He does answer that question -- explicitly:

"FYI, I have mentioned earlier that the file may be flagged as a virus
because of the automated installer included, or bcoz of the packer
used to encrypt the code as some rippers were stealing my work.
So, for the last time, please do not test my patience by posting
about these fake virus alerts."
 

Why there?

What to you think that link will tell you about Trojan-Dropper.Agent!IK
?
"To all the users reporting that their Anti-Virus is reporting
infection in the file, I have mentioned before as well that
various AV WILL detect such products as virus coz we are trying
to crack the normal functionality of a windows process.

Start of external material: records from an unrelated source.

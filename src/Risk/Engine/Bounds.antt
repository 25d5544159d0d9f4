-- ===== src/Risk/Engine/Bounds.antt =====
-- The range of the score of internal/risk/engine.go.
use nous.Prelude.{◌≡◌, true, false, List, arith, if◌then◌else◌}
use nous.Prelude.Time.{Time}
use nous.Prelude.Float.{
  Float64, InUnit, IsNumber, outside_unit, hundredths_le, zero_in_unit, le→not_lt, le_refl,
}
use nous.Domain.Types.{ChronosSignal, MemoryRef}
use nous.Domain.Commitment.{Commitment}
use nous.Risk.Engine.{Config, clamp, tally, evaluate_commitment}

module _ {F : Type 0} ⦃fl : Float64 F⦄ where
  clamp_outside : (x : F) → outside_unit (clamp x) ≡ false
  unfolding clamp
  clamp_outside x = ground (
    arith,
    zero_in_unit fl,
    fl.lt_irrefl (fl.hundredths 100),
    le→not_lt (fl.hundredths 0) (fl.hundredths 100),
    hundredths_le fl 0 100,
  )

  -- The score passes the range test of `Commitment.Validate`, whatever the weights, the confidence
  -- and the signals.
  pub score_in_range :
      (cfg : Config F) (c : Commitment F) (signals : List (ChronosSignal F))
      (memories : List MemoryRef) (now : Time)
      → outside_unit (evaluate_commitment cfg c signals memories now).score ≡ false
  unfolding evaluate_commitment
  score_in_range cfg c signals memories now = clamp_outside (tally cfg c signals now).score

  -- Weights between 0 and 1, an overdue commitment weighing at least one that is due soon.
  pub record IsSane (cfg : Config F) : Type 0 where
    pub overdue : InUnit cfg.overdue_weight
    pub due_soon : InUnit cfg.due_soon_weight
    pub confidence : InUnit cfg.confidence_weight
    pub signal : InUnit cfg.signal_weight
    pub grades : fl.le cfg.due_soon_weight cfg.overdue_weight ≡ true

  abbrev pub IsNonneg : F → Type 0
  IsNonneg x = fl.le (fl.hundredths 0) x ≡ true

  pub IsNonneg-IsNumber : (x : F) → IsNonneg x → IsNumber x
  IsNonneg-IsNumber x h = ground (
    arith,
    fl.le_def (fl.hundredths 0) x,
    fl.lt_ordered (fl.hundredths 0) x,
    fl.eq_sym (fl.hundredths 0) x,
    fl.le_def x (fl.hundredths 0),
    fl.le_trans x (fl.hundredths 0) x,
    fl.le_def x x,
    fl.lt_irrefl x,
  )

  pub le_refl_nonneg : (x : F) → IsNonneg x → fl.le x x ≡ true
  le_refl_nonneg x h = le_refl x (IsNonneg-IsNumber x h)

  pub clamp_nonneg :
      (x : F)
      → IsNonneg x
      → clamp x ≡ (if fl.lt (fl.hundredths 100) x then fl.hundredths 100 else x)
  unfolding clamp
  clamp_nonneg x h = ground (
    arith,
    le→not_lt (fl.hundredths 0) x,
    le→not_lt (fl.hundredths 0) (fl.hundredths 100),
    hundredths_le fl 0 100,
  )

  pub clamp_mono : (x y : F) → IsNonneg x → fl.le x y ≡ true → fl.le (clamp x) (clamp y) ≡ true
  clamp_mono x y n h =
      let m : IsNonneg y = fl.le_trans (fl.hundredths 0) x y n h in
      rw (clamp_nonneg x n, clamp_nonneg y m)
        (ground (
          arith,
          fl.lt_le_trans (fl.hundredths 100) x y,
          fl.le_total (fl.hundredths 100) x,
          fl.hundredths_number 100,
          IsNonneg-IsNumber x n,
          hundredths_le fl 100 100,
        ))

  pub clamp-InUnit : (x : F) → IsNonneg x → InUnit (clamp x)
  clamp-InUnit x n = rw (clamp_nonneg x n) (
      ground (
        arith,
        fl.le_total (fl.hundredths 100) x,
        fl.hundredths_number 100,
        IsNonneg-IsNumber x n,
        hundredths_le fl 100 100,
        hundredths_le fl 0 100,
      ))
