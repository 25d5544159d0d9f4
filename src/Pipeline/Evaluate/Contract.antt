-- ===== src/Pipeline/Evaluate/Contract.antt =====
-- What internal/pipeline/evaluate.go needs of its repositories and clients so that a pass covers the
-- whole backlog, as an interface, and what a pass then does. The repositories of internal/store/memory
-- fill it in (Pipeline/Stored).
use nous.Prelude.{◌≡◌, ◌≢◌, false, none, some, List, All}
use nous.Prelude.Int.{ℤ}
use nous.Prelude.Time.{Time}
use nous.Prelude.Float.{Float64, outside_unit}
use nous.Domain.Errors.{Uuid, Result, ok}
use nous.Domain.Types.{ChronosSignal}
use nous.Domain.Commitment.{Commitment}
use nous.Domain.Decision.{Decision, new_decision}
use nous.Domain.Decision as Decisions
use nous.Domain.Intervention.{Intervention, ActionRequest}
use nous.Ports.{SignalFilter, RecallQuery, MnemosEvent}
use nous.Pipeline.Services.{Services, Mnemos}

-- From one world to a later one: the invariant is kept and no commitment is lost.
pub record Onward {W : Type 0} (P : W → Type 0) (Stored : W → Uuid → Type 0) (w w' : W)
    : Type 0 where
  pub kept : P w → P w'
  pub stays : (i : Uuid) → Stored w i → Stored w' i

-- Every operation of a pass but the two that write a score and a decision.
pub record Aside {F W : Type 0} ⦃fl : Float64 F⦄ (svc : Services F W) (P : W → Type 0)
    (Stored : W → Uuid → Type 0) : Type 0 where
  pub intervention_on :
      (w : W) (iv : Intervention) → Onward P Stored w (svc.save_intervention w iv).0
  pub recall_on :
      (m : Mnemos F W)
      → svc.mnemos ≡ some m
      → (w : W) (q : RecallQuery) → Onward P Stored w (m.recall w q).0
  pub append_on :
      (m : Mnemos F W)
      → svc.mnemos ≡ some m
      → (w : W) (e : MnemosEvent F) → Onward P Stored w (m.append_event w e).0
  pub signals_on :
      (get_signals : W → SignalFilter → W × Result (List (ChronosSignal F)))
      → svc.chronos ≡ some get_signals
      → (w : W) (f : SignalFilter) → Onward P Stored w (get_signals w f).0
  pub dry_run_on :
      (dry_run : W → ActionRequest → W)
      → svc.praxis ≡ some dry_run
      → (w : W) (r : ActionRequest) → Onward P Stored w (dry_run w r)
  pub uuid_on : (w : W) → Onward P Stored w (svc.new_uuid w).1
  pub runs_on : (w : W) → Onward P Stored w (svc.inc_evaluations_run w)
  pub score_on : (w : W) (x : F) → Onward P Stored w (svc.observe_risk_score w x)
  pub created_on : (w : W) → Onward P Stored w (svc.inc_interventions_created w)

pub record Contract {F W : Type 0} ⦃fl : Float64 F⦄ (svc : Services F W) (P : W → Type 0)
    (Stored : W → Uuid → Type 0) : Type 0 where
  -- no operation goes back, a new score being in range
  pub update_on :
      (w : W) (id : Uuid) (score : F) (now : Time)
      → outside_unit score ≡ false
      → Onward P Stored w (svc.update_risk w id score now).0
  pub decision_on : (w : W) (d : Decision F) → Onward P Stored w (svc.save_decision w d).0
  pub aside : Aside svc P Stored
  -- the scan finds stored commitments with a confidence in range, and a write that should succeed does
  pub scan :
      (w : W) (limit : ℤ)
      → P w
      → (cs : List (Commitment F)) × (svc.find_active w limit ≡ ok cs)
        × All (λ (c : Commitment F). Stored w c.id × (outside_unit c.confidence ≡ false)) cs
  pub updates :
      (w : W) (id : Uuid) (score : F) (now : Time)
      → Stored w id
      → (svc.update_risk w id score now).1 ≡ none
  pub decides :
      (w : W) (d : Decision F) → Decisions.validate d ≡ none → (svc.save_decision w d).1 ≡ none
  pub draws : (w : W) → (svc.new_uuid w).0 ≢ 0

module _ {W : Type 0} {P : W → Type 0} {Stored : W → Uuid → Type 0} where
  pub stay : (w : W) → Onward P Stored w w
  stay w = record { kept = λ p. p; stays = λ i s. s }

  pub then_on : (u v w : W) → Onward P Stored u v → Onward P Stored v w → Onward P Stored u w
  then_on u v w a b = record {
    kept = λ p. b.kept (a.kept p);
    stays = λ i s. b.stays i (a.stays i s);
  }
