-- ===== src/Pipeline/Evaluate/Keeps.antt =====
-- A pass of internal/pipeline/evaluate.go over services that meet their contract: it goes on only.
use nous.Prelude.{ℕ, Option, none, some, List, [], ◌∷◌, length, Option-cases, Bool-cases, inl, inr}
use nous.Prelude.Time.{Time, Duration}
use nous.Prelude.Float.{Float64}
use nous.Domain.Errors.{Uuid, Error, Result, ok, err}
use nous.Domain.Types.{ChronosSignal}
use nous.Domain.Commitment.{Commitment}
use nous.Domain.Decision.{Decision}
use nous.Domain.Intervention.{Intervention}
use nous.Risk.Types.{RiskAssessment}
use nous.Risk.Engine
use nous.Risk.Engine.{evaluate_commitment}
use nous.Risk.Engine.Bounds.{score_in_range}
use nous.Intervene.Engine as Policy
use nous.Intervene.Engine.{maybe_intervene}
use nous.Pipeline.Services.{Services}
use nous.Pipeline.Evaluate.{
  EvaluateOptions, EvaluateResult, handed_off, saved_intervention, intervene_on, intervene,
  after_update, evaluate_one, evaluate_all, evaluate_found, evaluate, is_automation,
}
use nous.Pipeline.Evidence.{
  fetch_signals, fetch_memories, mirror_decision, record_decision, save_built, after_save,
  praxis_dry_run,
}
use nous.Pipeline.Evaluate.Contract.{Onward, Aside, Contract, stay, then_on}

module _ {F W : Type 0} ⦃fl : Float64 F⦄ (svc : Services F W) (risk : Engine.Config F)
    (policy : Policy.Config F) (P : W → Type 0) (Stored : W → Uuid → Type 0)
    (k : Aside svc P Stored) where
  signals_go :
      (w : W) (c : Commitment F) (lookback : Duration) (now : Time)
      → Onward P Stored w (fetch_signals svc w c lookback now).0
  unfolding fetch_signals
  signals_go w c lookback now = elim (Option-cases svc.chronos) [
    | inl e ↦ rw e (stay w)
    | inr (f, e) ↦ rw e (k.signals_on f e w _)
  ]

  memories_go : (w : W) (c : Commitment F) → Onward P Stored w (fetch_memories svc w c).0
  unfolding fetch_memories
  memories_go w c = elim (Option-cases svc.mnemos) [
    | inl e ↦ rw e (stay w)
    | inr (m, e) ↦ rw e (k.recall_on m e w _)
  ]

  pub mirror_go :
      (w : W) (c : Commitment F) (d : Decision F) (a : RiskAssessment F) (n : ℕ) (now : Time)
      → Onward P Stored w (mirror_decision svc w c d a n now)
  unfolding mirror_decision
  mirror_go w c d a n now = elim (Option-cases svc.mnemos) [
    | inl e ↦ rw e (stay w)
    | inr (m, e) ↦ rw e (k.append_on m e w _)
  ]

  dry_run_go :
      (w : W) (c : Commitment F) (iv : Intervention) → Onward P Stored w (praxis_dry_run svc w c iv)
  unfolding praxis_dry_run
  dry_run_go w c iv = elim (Option-cases svc.praxis) [
    | inl e ↦ rw e (stay w)
    | inr (f, e) ↦ rw e (k.dry_run_on f e w _)
  ]

  pub after_save_go :
      (r : W × Option Error) (c : Commitment F) (d : Decision F) (a : RiskAssessment F) (n : ℕ)
      (now : Time)
      → Onward P Stored r.0 (after_save svc r c d a n now).0
  unfolding after_save
  after_save_go (w, some e) c d a n now = stay w
  after_save_go (w, none) c d a n now = mirror_go w c d a n now

  saved_go :
      (r : W × Option Error) (c : Commitment F) (iv : Intervention) (res : EvaluateResult)
      → Onward P Stored r.0 (saved_intervention svc risk policy r c iv res).0
  unfolding saved_intervention handed_off
  saved_go (w, some e) c iv res = stay w
  saved_go (w, none) c iv res = elim (Bool-cases (is_automation svc risk policy iv.type)) [
    | inl e ↦
        rw e (then_on w _ _ (k.created_on w) (dry_run_go (svc.inc_interventions_created w) c iv))
    | inr e ↦ rw e (k.created_on w)
  ]

  on_go :
      (r : Result (Option Intervention)) (w w' : W) (c : Commitment F) (res : EvaluateResult)
      → Onward P Stored w w'
      → Onward P Stored w (intervene_on svc risk policy r w w' c res).0
  unfolding intervene_on
  on_go (err e) w w' c res h = h
  on_go (ok none) w w' c res h = stay w
  on_go (ok (some iv)) w w' c res h =
      then_on w w' _ h
        (then_on w' _ _ (k.intervention_on w' iv) (saved_go (svc.save_intervention w' iv) c iv res))

  pub intervene_go :
      (w : W) (c : Commitment F) (a : RiskAssessment F) (now : Time) (res : EvaluateResult)
      → Onward P Stored w (intervene svc risk policy w c a now res).0
  unfolding intervene
  intervene_go w c a now res = on_go _ w (svc.new_uuid w).1 c res (k.uuid_on w)

  -- The world that the new score is written to, and the assessment.
  pub before_update_go :
      (w : W) (c : Commitment F) (lookback : Duration) (now : Time) (x : F)
      → let w1 = (fetch_signals svc w c lookback now).0 in
        Onward P Stored w (svc.observe_risk_score (fetch_memories svc w1 c).0 x)
  before_update_go w c lookback now x =
      let w1 = (fetch_signals svc w c lookback now).0 in
      then_on w w1 _ (signals_go w c lookback now)
        (then_on w1 _ _ (memories_go w1 c) (k.score_on (fetch_memories svc w1 c).0 x))

module _ {F W : Type 0} ⦃fl : Float64 F⦄ (svc : Services F W) (risk : Engine.Config F)
    (policy : Policy.Config F) (P : W → Type 0) (Stored : W → Uuid → Type 0)
    (k : Contract svc P Stored) where
  save_built_go :
      (w : W) (r : Result (Decision F)) (c : Commitment F) (a : RiskAssessment F) (n : ℕ)
      (now : Time)
      → Onward P Stored w (save_built svc risk w r c a n now).0
  unfolding save_built
  save_built_go w (err e) c a n now = stay w
  save_built_go w (ok d) c a n now =
      then_on w _ _ (k.decision_on w _)
        (after_save_go svc risk policy P Stored k.aside (svc.save_decision w _) c _ a n now)

  pub decision_go :
      (w : W) (c : Commitment F) (a : RiskAssessment F) (signals : List (ChronosSignal F))
      (now : Time)
      → Onward P Stored w (record_decision svc risk w c a signals now).0
  unfolding record_decision
  decision_go w c a signals now =
      then_on w (svc.new_uuid w).1 _ (k.aside.uuid_on w)
        (save_built_go (svc.new_uuid w).1 _ c a (length signals) now)

  after_update_go :
      (r : W × Option Error) (c : Commitment F) (a : RiskAssessment F)
      (signals : List (ChronosSignal F)) (now : Time) (res : EvaluateResult)
      → Onward P Stored r.0 (after_update svc risk policy r c a signals now res).0
  unfolding after_update
  after_update_go (w, some e) c a signals now res = stay w
  after_update_go (w, none) c a signals now res =
      then_on w _ _ (decision_go w c a signals now)
        (intervene_go svc risk policy P Stored k.aside _ c a now _)

  pub one_go :
      (w : W) (c : Commitment F) (lookback : Duration) (now : Time) (res : EvaluateResult)
      → Onward P Stored w (evaluate_one svc risk policy w c lookback now res).0
  unfolding evaluate_one
  one_go w c lookback now res =
      then_on w _ _ (before_update_go svc risk policy P Stored k.aside w c lookback now _) (
        then_on _ _ _ (k.update_on _ c.id _ now (score_in_range risk c _ _ now))
          (after_update_go _ c _ _ now res))

  all_go :
      (cs : List (Commitment F)) (w : W) (lookback : Duration) (now : Time) (res : EvaluateResult)
      → Onward P Stored w (evaluate_all svc risk policy w cs lookback now res).0
  unfolding evaluate_all
  all_go [] w lookback now res = stay w
  all_go (c ∷ cs) w lookback now res = elim (Option-cases (svc.cancelled w)) [
    | inl go ↦ rw go (
        then_on w _ _ (one_go w c lookback now res) (
          all_go cs (evaluate_one svc risk policy w c lookback now res).0 lookback now
            (evaluate_one svc risk policy w c lookback now res).1))
    | inr (x, stop) ↦ rw stop (stay w)
  ]

  found_go :
      (w : W) (r : Result (List (Commitment F))) (lookback : Duration) (now : Time)
      → Onward P Stored w (evaluate_found svc risk policy w r lookback now).0
  unfolding evaluate_found
  found_go w (err e) lookback now = stay w
  found_go w (ok cs) lookback now = all_go cs w lookback now _

  -- A pass keeps every invariant that the repositories and the clients keep, the new scores being in
  -- range, and loses no stored commitment.
  pub evaluate-Onward :
      (w : W) (opts : EvaluateOptions) (now : Time)
      → Onward P Stored w (evaluate svc risk policy w opts now).0
  unfolding evaluate
  evaluate-Onward w opts now =
      then_on w _ _ (k.aside.runs_on w)
        (found_go (svc.inc_evaluations_run w) _ opts.signal_lookback now)
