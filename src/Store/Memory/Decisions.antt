-- ===== src/Store/Memory/Decisions.antt =====
-- internal/store/memory/decision_repo.go.
use nous.Prelude.{Bool, Option, none, some, String, List, str_eq}
use nous.Prelude.Int.{ℤ}
use nous.Prelude.Time.{after}
use nous.Prelude.Float.{Float64}
use nous.Domain.Errors.{Uuid, Error, Result, decision_not_found}
use nous.Domain.Decision.{Decision, validate}
use nous.Store.Table.{lookup, insert, values}
use nous.Store.Arrange.{Arrange}
use nous.Store.Memory.{State}
use nous.Store.Memory.Query.{keep, limit_to, found}

module _ {F : Type 0} ⦃fl : Float64 F⦄ (string_of : Uuid → String) where
  unfoldable pub save : State F → Decision F → State F × Option Error
  save s x = elim (validate x) [
    | some e ↦ (s, some e)
    | none ↦ (record s { decisions = insert (string_of x.id) x s.decisions }, none)
  ]

  unfoldable pub get : State F → Uuid → Result (Decision F)
  get s id = found (lookup (string_of id) s.decisions) (decision_not_found id)

module _ {F : Type 0} (rows : Arrange (Decision F)) where
  -- The `less` of `ListBySubject`: most recent first.
  abbrev pub created_after : Decision F → Decision F → Bool
  created_after a b = after a.created_at b.created_at

  unfoldable pub list_by_subject : State F → String → ℤ → List (Decision F)
  list_by_subject s subject limit =
      limit_to limit
        (rows.arrange created_after (keep (λ d. str_eq d.subject subject) (values s.decisions)))
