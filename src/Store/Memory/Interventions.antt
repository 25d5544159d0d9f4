-- ===== src/Store/Memory/Interventions.antt =====
-- internal/store/memory/intervention_repo.go.
use nous.Prelude.{Bool, true, ◌&&◌, not, Option, none, some, String, List}
use nous.Prelude.Time.{Time, before, after}
use nous.Domain.Errors.{Uuid, Error, Result, intervention_not_found}
use nous.Domain.Intervention.{Intervention, validate, same}
use nous.Store.Table.{lookup, insert, values}
use nous.Store.Arrange.{Arrange}
use nous.Store.Memory.{State}
use nous.Store.Memory.Query.{keep, limit_to, found, id_matches, status_matches}
use nous.Ports.{InterventionFilter}

module _ {F : Type 0} (string_of : Uuid → String) where
  unfoldable pub save : State F → Intervention → State F × Option Error
  save s x = elim (validate x) [
    | some e ↦ (s, some e)
    | none ↦ (record s { interventions = insert (string_of x.id) x s.interventions }, none)
  ]

  unfoldable pub get : State F → Uuid → Result Intervention
  get s id = found (lookup (string_of id) s.interventions) (intervention_not_found id)

-- The test on `Since`.
since_matches : Option Time → Time → Bool
since_matches none t = true
since_matches (some since) t = not (before t since)

unfoldable pub matches_intervention : Intervention → InterventionFilter → Bool
unfolding id_matches status_matches since_matches
matches_intervention iv f =
    id_matches f.commitment_id iv.commitment_id
    && id_matches f.task_id iv.task_id
    && status_matches same iv.status f.statuses
    && since_matches f.since iv.triggered_at

-- The `less` of `List`: most recent first.
abbrev pub triggered_after : Intervention → Intervention → Bool
triggered_after a b = after a.triggered_at b.triggered_at

module _ {F : Type 0} (rows : Arrange Intervention) where
  unfoldable pub list : State F → InterventionFilter → List Intervention
  list s f = limit_to f.limit (
      rows.arrange triggered_after
        (keep (λ iv. matches_intervention iv f) (values s.interventions)))
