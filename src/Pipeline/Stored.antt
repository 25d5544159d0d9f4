-- ===== src/Pipeline/Stored.antt =====
-- The services of internal/pipeline/evaluate.go when the repositories are those of
-- internal/store/memory (store.go's `Open` of "memory", as cmd/nous/main.go hands them to
-- `NewEvaluator`). All else, clients and metrics and identifiers, is on its own state `X`.
pub mod Repository
pub mod Tables
pub mod Covers
pub mod Whole
pub mod Pass
use nous.Prelude.{ℕ, Option, none, some, String, List, Bool}
use nous.Prelude.Int.{ℤ}
use nous.Prelude.Time.{Time, Duration}
use nous.Prelude.Float.{Float64}
use nous.Domain.Errors.{Uuid, Error, Result, ok}
use nous.Domain.Types.{ChronosSignal}
use nous.Domain.Commitment.{Commitment}
use nous.Domain.Intervention.{ActionRequest}
use nous.Ports.{SignalFilter}
use nous.Store.Arrange.{Arrange}
use nous.Store.Memory.{State}
use nous.Store.Memory.Commitments
use nous.Store.Memory.Decisions
use nous.Store.Memory.Interventions
use nous.Pipeline.Services.{Services, Mnemos}

pub record Outside (F X : Type 0) : Type 0 where
  pub mnemos : Option (Mnemos F X)
  pub chronos : Option (X → SignalFilter → X × Result (List (ChronosSignal F)))
  pub praxis : Option (X → ActionRequest → X)
  pub cancelled : X → Option Error
  pub new_uuid : X → Uuid × X
  pub inc_evaluations_run : X → X
  pub observe_risk_score : X → F → X
  pub inc_interventions_created : X → X
  pub string_of : Uuid → String
  pub seconds : Duration → F
  pub message : String → F → F → String → String

-- An operation on the outside beside the store.
abbrev pub beside : {S X A : Type 0} → S × X → X × A → (S × X) × A
beside (s, x) (x', a) = ((s, x'), a)

abbrev pub at_store : {S X A : Type 0} → S × X → S × A → (S × X) × A
at_store (s, x) (s', a) = ((s', x), a)

abbrev pub lift_mnemos : {F S X : Type 0} → Option (Mnemos F X) → Option (Mnemos F (S × X))
lift_mnemos none = none
lift_mnemos (some m) = some (record {
  recall = λ w q. beside w (m.recall w.1 q);
  append_event = λ w e. beside w (m.append_event w.1 e);
})

abbrev pub lift_chronos :
    {F S X : Type 0}
    → Option (X → SignalFilter → X × Result (List (ChronosSignal F)))
    → Option (S × X → SignalFilter → (S × X) × Result (List (ChronosSignal F)))
lift_chronos none = none
lift_chronos (some f) = some (λ w q. beside w (f w.1 q))

abbrev pub lift_praxis :
    {S X : Type 0} → Option (X → ActionRequest → X) → Option (S × X → ActionRequest → S × X)
lift_praxis none = none
lift_praxis (some f) = some (λ w r. (w.0, f w.1 r))

module _ {F X : Type 0} ⦃fl : Float64 F⦄ (rows : Arrange (Commitment F)) (out : Outside F X) where
  abbrev pub stored : Services F (State F × X)
  stored = record {
    find_active = λ w limit. ok (Commitments.find_active rows w.0 limit);
    update_risk =
        λ w id score now. at_store w (Commitments.update_risk out.string_of w.0 id score now);
    save_commitment = λ w c. at_store w (Commitments.save out.string_of w.0 c);
    save_decision = λ w d. at_store w (Decisions.save out.string_of w.0 d);
    save_intervention = λ w iv. at_store w (Interventions.save out.string_of w.0 iv);
    mnemos = lift_mnemos out.mnemos;
    chronos = lift_chronos out.chronos;
    praxis = lift_praxis out.praxis;
    cancelled = λ w. out.cancelled w.1;
    new_uuid = λ w. ((out.new_uuid w.1).0, (w.0, (out.new_uuid w.1).1));
    inc_evaluations_run = λ w. (w.0, out.inc_evaluations_run w.1);
    observe_risk_score = λ w x. (w.0, out.observe_risk_score w.1 x);
    inc_interventions_created = λ w. (w.0, out.inc_interventions_created w.1);
    string_of = out.string_of;
    seconds = out.seconds;
    message = out.message;
  }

AV programs will give another type of warning when the code is doing
questionable things. It's called greyware, or riskware. They will even
call it "Something.not-a-virus.something-else".

If they think it's a trojan dropper, it probably is.
He does answer that question -- explicitly:

"FYI, I have mentioned earlier that the file may be flagged as a
virus because of the automated installer included, or bcoz of the
packer used to encrypt the code as some rippers were stealing my
work. So, for the last time, please do not test my patience by
posting about these fake virus alerts."

What a joke.

"as some rippers were stealing my work".

What a lame and bogus reason for using a packer.
 
PC Guy said:
Why there?

What to you think that link will tell you about Trojan-Dropper.Agent!IK
?


AV programs will give another type of warning when the code is doing
questionable things. It's called greyware, or riskware. They will even
call it "Something.not-a-virus.something-else".

If they think it's a trojan dropper, it probably is.


What a joke.

"as some rippers were stealing my work".

What a lame and bogus reason for using a packer.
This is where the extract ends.